## REQUIRED ACTION
Below this line is the material. Write out only its lines from the one containing "ok (with_cfa s r₂ (reg_plus operand (mul64" through the one containing "row ∷ prev ↦", both kept, exactly.

## INPUT RECORDS
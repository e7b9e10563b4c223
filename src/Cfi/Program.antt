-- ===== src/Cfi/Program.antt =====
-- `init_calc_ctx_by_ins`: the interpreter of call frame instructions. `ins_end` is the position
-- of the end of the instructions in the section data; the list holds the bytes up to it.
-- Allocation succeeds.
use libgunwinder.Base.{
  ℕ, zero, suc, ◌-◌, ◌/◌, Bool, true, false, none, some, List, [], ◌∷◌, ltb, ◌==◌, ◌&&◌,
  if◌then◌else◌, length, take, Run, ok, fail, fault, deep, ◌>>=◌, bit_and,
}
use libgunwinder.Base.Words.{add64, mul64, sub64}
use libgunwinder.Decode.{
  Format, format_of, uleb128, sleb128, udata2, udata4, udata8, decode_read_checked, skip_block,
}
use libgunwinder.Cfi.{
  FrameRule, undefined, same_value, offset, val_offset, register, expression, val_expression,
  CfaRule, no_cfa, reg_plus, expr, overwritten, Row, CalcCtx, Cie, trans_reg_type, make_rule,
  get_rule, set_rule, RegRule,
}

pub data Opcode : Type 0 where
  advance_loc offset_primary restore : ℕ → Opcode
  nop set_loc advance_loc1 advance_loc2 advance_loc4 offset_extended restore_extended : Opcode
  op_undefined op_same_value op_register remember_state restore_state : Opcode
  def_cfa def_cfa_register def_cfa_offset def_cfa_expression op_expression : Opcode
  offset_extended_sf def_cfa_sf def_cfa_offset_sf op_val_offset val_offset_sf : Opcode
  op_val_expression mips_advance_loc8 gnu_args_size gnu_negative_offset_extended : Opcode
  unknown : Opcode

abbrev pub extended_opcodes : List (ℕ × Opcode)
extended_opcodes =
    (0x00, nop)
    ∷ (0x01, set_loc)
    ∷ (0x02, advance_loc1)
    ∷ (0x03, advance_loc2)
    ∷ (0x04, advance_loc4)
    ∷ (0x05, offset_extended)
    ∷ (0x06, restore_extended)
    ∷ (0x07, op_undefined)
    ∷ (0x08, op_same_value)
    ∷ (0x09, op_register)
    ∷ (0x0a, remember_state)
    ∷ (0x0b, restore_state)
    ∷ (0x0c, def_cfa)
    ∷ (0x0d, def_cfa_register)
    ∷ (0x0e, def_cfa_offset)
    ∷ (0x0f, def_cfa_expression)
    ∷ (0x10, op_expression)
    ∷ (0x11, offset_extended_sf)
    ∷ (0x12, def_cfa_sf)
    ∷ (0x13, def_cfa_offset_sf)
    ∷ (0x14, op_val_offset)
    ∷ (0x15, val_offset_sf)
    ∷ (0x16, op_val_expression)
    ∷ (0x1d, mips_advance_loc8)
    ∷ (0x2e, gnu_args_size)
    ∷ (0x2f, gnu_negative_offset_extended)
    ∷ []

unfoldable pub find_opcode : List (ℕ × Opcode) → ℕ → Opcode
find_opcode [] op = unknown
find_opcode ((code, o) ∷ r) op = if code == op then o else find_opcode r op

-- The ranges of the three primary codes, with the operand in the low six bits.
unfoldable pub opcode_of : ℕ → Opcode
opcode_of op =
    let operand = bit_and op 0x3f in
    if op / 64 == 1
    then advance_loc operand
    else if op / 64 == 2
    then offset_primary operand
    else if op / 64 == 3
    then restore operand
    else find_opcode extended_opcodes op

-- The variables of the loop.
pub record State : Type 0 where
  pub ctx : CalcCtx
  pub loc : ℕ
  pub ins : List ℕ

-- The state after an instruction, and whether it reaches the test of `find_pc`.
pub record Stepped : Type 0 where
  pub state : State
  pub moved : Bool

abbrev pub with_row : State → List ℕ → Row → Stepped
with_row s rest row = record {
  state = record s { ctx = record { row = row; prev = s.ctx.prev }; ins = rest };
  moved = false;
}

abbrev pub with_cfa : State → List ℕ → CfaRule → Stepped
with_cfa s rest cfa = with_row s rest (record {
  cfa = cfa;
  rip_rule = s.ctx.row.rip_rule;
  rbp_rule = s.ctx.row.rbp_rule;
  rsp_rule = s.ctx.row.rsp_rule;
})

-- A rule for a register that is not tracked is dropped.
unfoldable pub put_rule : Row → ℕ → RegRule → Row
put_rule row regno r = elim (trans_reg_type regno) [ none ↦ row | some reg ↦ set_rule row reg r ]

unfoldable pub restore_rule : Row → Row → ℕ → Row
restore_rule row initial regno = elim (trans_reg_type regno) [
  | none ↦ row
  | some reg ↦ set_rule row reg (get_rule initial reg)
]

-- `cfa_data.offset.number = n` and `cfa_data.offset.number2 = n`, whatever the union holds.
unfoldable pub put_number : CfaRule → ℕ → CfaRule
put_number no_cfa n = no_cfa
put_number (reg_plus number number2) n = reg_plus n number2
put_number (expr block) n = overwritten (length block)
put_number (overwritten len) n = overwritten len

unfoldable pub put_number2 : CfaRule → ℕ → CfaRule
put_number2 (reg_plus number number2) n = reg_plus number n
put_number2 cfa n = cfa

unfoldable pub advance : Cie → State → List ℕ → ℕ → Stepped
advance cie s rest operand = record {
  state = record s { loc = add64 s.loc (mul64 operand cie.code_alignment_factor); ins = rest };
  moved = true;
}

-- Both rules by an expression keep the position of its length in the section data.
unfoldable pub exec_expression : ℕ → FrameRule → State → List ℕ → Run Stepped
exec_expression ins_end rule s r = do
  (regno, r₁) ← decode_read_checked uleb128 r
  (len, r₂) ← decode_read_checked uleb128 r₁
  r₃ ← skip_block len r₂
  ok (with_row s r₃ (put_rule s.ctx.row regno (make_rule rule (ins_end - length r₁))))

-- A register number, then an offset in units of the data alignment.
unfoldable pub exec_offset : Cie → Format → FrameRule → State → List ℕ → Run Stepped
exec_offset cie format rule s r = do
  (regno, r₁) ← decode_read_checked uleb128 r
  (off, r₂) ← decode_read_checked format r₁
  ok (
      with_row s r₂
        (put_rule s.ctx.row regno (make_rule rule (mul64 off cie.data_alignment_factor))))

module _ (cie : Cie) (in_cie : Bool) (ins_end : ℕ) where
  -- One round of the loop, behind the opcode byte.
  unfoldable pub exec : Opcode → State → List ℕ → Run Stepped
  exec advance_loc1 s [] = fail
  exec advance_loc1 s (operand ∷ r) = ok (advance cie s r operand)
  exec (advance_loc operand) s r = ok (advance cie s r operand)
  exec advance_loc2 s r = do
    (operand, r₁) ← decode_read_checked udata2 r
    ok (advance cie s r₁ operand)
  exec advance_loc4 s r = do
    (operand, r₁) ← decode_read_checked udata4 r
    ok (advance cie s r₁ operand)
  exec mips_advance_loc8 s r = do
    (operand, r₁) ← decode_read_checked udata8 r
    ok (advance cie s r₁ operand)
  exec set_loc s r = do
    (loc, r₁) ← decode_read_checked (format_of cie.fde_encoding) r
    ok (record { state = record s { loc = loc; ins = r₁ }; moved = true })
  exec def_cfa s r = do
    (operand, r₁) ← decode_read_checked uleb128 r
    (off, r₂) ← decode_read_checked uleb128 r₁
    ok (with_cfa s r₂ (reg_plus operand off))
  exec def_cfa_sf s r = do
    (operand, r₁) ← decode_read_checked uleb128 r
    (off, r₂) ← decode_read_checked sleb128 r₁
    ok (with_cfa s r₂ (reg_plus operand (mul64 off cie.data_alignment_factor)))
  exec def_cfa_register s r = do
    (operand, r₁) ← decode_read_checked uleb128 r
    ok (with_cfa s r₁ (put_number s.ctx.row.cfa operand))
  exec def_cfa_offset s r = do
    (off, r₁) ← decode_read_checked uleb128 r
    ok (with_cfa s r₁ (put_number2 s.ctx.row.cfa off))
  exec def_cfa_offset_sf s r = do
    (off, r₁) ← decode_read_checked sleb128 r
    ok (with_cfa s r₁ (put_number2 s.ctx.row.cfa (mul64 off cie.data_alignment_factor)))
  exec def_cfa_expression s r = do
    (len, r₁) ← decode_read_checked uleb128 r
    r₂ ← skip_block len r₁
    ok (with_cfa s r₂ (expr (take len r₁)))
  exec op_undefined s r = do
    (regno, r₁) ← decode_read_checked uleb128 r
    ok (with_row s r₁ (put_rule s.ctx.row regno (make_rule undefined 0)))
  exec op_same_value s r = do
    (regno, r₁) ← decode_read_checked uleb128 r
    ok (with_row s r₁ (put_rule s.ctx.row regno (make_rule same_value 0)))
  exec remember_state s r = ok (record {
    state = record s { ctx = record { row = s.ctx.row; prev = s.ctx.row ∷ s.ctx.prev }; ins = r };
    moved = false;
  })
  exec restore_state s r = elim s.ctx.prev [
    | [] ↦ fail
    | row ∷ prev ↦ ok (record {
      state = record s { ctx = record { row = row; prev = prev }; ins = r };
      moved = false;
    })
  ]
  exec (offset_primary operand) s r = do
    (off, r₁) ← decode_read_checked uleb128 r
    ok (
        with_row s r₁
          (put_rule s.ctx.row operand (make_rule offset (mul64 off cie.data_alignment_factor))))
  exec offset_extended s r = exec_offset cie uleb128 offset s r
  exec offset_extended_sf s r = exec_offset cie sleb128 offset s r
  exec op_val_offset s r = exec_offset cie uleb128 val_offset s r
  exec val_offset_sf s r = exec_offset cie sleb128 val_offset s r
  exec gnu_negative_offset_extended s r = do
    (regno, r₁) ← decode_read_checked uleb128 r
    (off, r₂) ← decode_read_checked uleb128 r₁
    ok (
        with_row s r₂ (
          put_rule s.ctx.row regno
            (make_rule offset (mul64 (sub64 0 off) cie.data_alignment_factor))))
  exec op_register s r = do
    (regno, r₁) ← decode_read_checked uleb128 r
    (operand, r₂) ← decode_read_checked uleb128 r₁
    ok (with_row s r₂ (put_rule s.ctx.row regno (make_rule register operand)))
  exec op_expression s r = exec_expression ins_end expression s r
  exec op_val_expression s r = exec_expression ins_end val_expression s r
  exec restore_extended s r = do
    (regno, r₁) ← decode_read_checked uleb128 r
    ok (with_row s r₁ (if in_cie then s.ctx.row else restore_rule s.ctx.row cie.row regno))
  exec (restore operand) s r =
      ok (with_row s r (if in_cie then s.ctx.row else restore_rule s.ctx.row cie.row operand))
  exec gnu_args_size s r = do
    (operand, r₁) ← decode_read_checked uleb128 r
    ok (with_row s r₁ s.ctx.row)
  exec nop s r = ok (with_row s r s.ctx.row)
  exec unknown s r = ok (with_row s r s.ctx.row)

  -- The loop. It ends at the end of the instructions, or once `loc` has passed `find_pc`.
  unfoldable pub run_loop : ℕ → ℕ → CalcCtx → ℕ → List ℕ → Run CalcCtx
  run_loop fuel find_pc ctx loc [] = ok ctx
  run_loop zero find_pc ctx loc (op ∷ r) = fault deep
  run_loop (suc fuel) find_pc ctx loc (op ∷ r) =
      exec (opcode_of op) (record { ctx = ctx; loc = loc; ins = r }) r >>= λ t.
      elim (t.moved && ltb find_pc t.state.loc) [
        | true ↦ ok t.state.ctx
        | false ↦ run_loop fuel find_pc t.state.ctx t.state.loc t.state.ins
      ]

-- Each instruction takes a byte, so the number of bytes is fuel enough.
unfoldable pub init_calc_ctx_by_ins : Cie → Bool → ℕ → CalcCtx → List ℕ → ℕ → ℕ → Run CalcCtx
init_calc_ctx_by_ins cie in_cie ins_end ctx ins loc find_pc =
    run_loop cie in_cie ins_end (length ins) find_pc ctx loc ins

## TASK SOLUTION
    ok (with_cfa s r₂ (reg_plus operand (mul64 off cie.data_alignment_factor)))
  exec def_cfa_register s r = do
    (operand, r₁) ← decode_read_checked uleb128 r
    ok (with_cfa s r₁ (put_number s.ctx.row.cfa operand))
  exec def_cfa_offset s r = do
    (off, r₁) ← decode_read_checked uleb128 r
    ok (with_cfa s r₁ (put_number2 s.ctx.row.cfa off))
  exec def_cfa_offset_sf s r = do
    (off, r₁) ← decode_read_checked sleb128 r
    ok (with_cfa s r₁ (put_number2 s.ctx.row.cfa (mul64 off cie.data_alignment_factor)))
  exec def_cfa_expression s r = do
    (len, r₁) ← decode_read_checked uleb128 r
    r₂ ← skip_block len r₁
    ok (with_cfa s r₂ (expr (take len r₁)))
  exec op_undefined s r = do
    (regno, r₁) ← decode_read_checked uleb128 r
    ok (with_row s r₁ (put_rule s.ctx.row regno (make_rule undefined 0)))
  exec op_same_value s r = do
    (regno, r₁) ← decode_read_checked uleb128 r
    ok (with_row s r₁ (put_rule s.ctx.row regno (make_rule same_value 0)))
  exec remember_state s r = ok (record {
    state = record s { ctx = record { row = s.ctx.row; prev = s.ctx.row ∷ s.ctx.prev }; ins = r };
    moved = false;
  })
  exec restore_state s r = elim s.ctx.prev [
    | [] ↦ fail
    | row ∷ prev ↦ ok (record {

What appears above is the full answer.